- Task description
With both ends included, transcribe exactly the records below from their first line to the line that contains "-- line fits".
BEGIN Provided entries
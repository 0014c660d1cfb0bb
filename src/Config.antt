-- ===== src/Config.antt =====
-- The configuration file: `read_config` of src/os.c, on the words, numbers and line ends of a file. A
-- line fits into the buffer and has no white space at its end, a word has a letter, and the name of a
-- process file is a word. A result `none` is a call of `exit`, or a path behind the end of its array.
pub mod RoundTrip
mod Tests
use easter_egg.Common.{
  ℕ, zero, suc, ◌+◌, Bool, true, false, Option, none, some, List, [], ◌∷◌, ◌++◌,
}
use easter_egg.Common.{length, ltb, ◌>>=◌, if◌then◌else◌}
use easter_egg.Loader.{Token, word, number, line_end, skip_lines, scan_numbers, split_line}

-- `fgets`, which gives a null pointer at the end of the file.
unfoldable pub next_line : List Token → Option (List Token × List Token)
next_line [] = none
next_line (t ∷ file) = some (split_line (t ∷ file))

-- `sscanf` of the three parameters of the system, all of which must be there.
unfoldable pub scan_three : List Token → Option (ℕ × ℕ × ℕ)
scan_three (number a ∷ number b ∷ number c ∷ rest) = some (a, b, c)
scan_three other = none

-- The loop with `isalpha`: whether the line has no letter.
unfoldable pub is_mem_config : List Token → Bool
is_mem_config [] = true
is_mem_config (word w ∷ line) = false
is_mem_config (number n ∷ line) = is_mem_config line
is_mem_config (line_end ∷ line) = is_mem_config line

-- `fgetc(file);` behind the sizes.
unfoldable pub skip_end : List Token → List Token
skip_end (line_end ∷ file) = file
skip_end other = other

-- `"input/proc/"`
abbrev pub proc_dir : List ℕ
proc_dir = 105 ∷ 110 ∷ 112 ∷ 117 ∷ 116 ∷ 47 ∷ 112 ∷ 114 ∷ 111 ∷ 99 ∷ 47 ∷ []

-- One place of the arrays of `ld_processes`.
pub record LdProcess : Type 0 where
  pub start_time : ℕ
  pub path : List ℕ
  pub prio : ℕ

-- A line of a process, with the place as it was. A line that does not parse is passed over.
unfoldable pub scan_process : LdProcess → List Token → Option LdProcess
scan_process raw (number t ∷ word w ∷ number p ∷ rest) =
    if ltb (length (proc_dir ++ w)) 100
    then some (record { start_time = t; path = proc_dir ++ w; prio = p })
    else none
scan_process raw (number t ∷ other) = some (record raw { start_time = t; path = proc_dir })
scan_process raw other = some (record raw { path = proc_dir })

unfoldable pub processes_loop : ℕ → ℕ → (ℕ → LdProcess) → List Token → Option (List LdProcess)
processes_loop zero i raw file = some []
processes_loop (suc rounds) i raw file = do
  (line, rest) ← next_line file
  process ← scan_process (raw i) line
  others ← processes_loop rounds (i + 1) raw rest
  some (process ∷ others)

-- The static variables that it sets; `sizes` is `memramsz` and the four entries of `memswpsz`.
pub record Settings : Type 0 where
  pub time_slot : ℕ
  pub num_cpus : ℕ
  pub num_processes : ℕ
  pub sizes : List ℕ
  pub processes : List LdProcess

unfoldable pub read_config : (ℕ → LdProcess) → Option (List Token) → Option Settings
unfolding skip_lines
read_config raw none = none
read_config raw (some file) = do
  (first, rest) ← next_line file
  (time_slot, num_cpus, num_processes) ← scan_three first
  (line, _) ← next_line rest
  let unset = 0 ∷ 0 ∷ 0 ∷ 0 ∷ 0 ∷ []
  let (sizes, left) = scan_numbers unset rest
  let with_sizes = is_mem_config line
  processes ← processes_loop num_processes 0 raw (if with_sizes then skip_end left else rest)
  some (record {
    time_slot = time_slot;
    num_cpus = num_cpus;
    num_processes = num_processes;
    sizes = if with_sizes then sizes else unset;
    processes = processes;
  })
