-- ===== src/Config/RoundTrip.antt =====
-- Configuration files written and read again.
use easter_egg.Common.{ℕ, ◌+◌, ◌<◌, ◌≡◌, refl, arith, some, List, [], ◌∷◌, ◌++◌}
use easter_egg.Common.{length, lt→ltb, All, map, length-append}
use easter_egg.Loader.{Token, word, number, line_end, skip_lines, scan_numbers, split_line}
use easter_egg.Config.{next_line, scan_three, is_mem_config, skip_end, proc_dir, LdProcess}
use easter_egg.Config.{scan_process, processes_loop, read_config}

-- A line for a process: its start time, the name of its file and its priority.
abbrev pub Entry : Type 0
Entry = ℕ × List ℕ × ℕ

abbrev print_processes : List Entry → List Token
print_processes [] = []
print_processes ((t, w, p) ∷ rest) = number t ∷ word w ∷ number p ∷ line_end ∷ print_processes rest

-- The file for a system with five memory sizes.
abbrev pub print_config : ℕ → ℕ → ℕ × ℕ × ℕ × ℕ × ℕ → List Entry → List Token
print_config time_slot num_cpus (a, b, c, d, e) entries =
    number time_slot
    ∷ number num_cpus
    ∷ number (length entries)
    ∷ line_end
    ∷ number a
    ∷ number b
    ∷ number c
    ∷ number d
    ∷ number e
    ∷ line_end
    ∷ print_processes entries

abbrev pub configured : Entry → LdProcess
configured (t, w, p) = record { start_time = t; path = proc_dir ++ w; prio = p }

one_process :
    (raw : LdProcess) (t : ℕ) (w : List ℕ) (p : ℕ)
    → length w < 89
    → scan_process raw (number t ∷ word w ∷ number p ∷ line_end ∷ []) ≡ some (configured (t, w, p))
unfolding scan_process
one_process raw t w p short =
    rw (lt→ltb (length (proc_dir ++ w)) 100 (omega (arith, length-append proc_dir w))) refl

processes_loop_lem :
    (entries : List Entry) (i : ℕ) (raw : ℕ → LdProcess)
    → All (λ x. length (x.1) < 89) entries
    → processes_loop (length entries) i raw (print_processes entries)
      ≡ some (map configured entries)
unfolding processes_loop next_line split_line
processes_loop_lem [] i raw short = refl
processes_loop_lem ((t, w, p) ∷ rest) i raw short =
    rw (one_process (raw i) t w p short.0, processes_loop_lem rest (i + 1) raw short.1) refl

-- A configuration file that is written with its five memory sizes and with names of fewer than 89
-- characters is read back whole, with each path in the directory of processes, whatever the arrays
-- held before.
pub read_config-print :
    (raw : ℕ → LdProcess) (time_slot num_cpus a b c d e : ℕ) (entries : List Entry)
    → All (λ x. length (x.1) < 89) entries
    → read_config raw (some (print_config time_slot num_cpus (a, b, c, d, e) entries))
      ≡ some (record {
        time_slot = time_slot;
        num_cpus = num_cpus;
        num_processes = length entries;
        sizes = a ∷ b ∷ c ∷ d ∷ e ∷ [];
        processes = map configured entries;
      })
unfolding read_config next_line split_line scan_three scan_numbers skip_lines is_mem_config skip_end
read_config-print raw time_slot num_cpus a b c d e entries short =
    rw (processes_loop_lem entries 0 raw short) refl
END Provided entries
- Response box
repository 0014c660d1cfb0bb
filename src/Config.antt
-- ===== src/Config.antt =====
-- The configuration file: `read_config` of src/os.c, on the words, numbers and line ends of a file. A
-- line fits into the buffer and has no white space at its end, a word has a letter, and the name of a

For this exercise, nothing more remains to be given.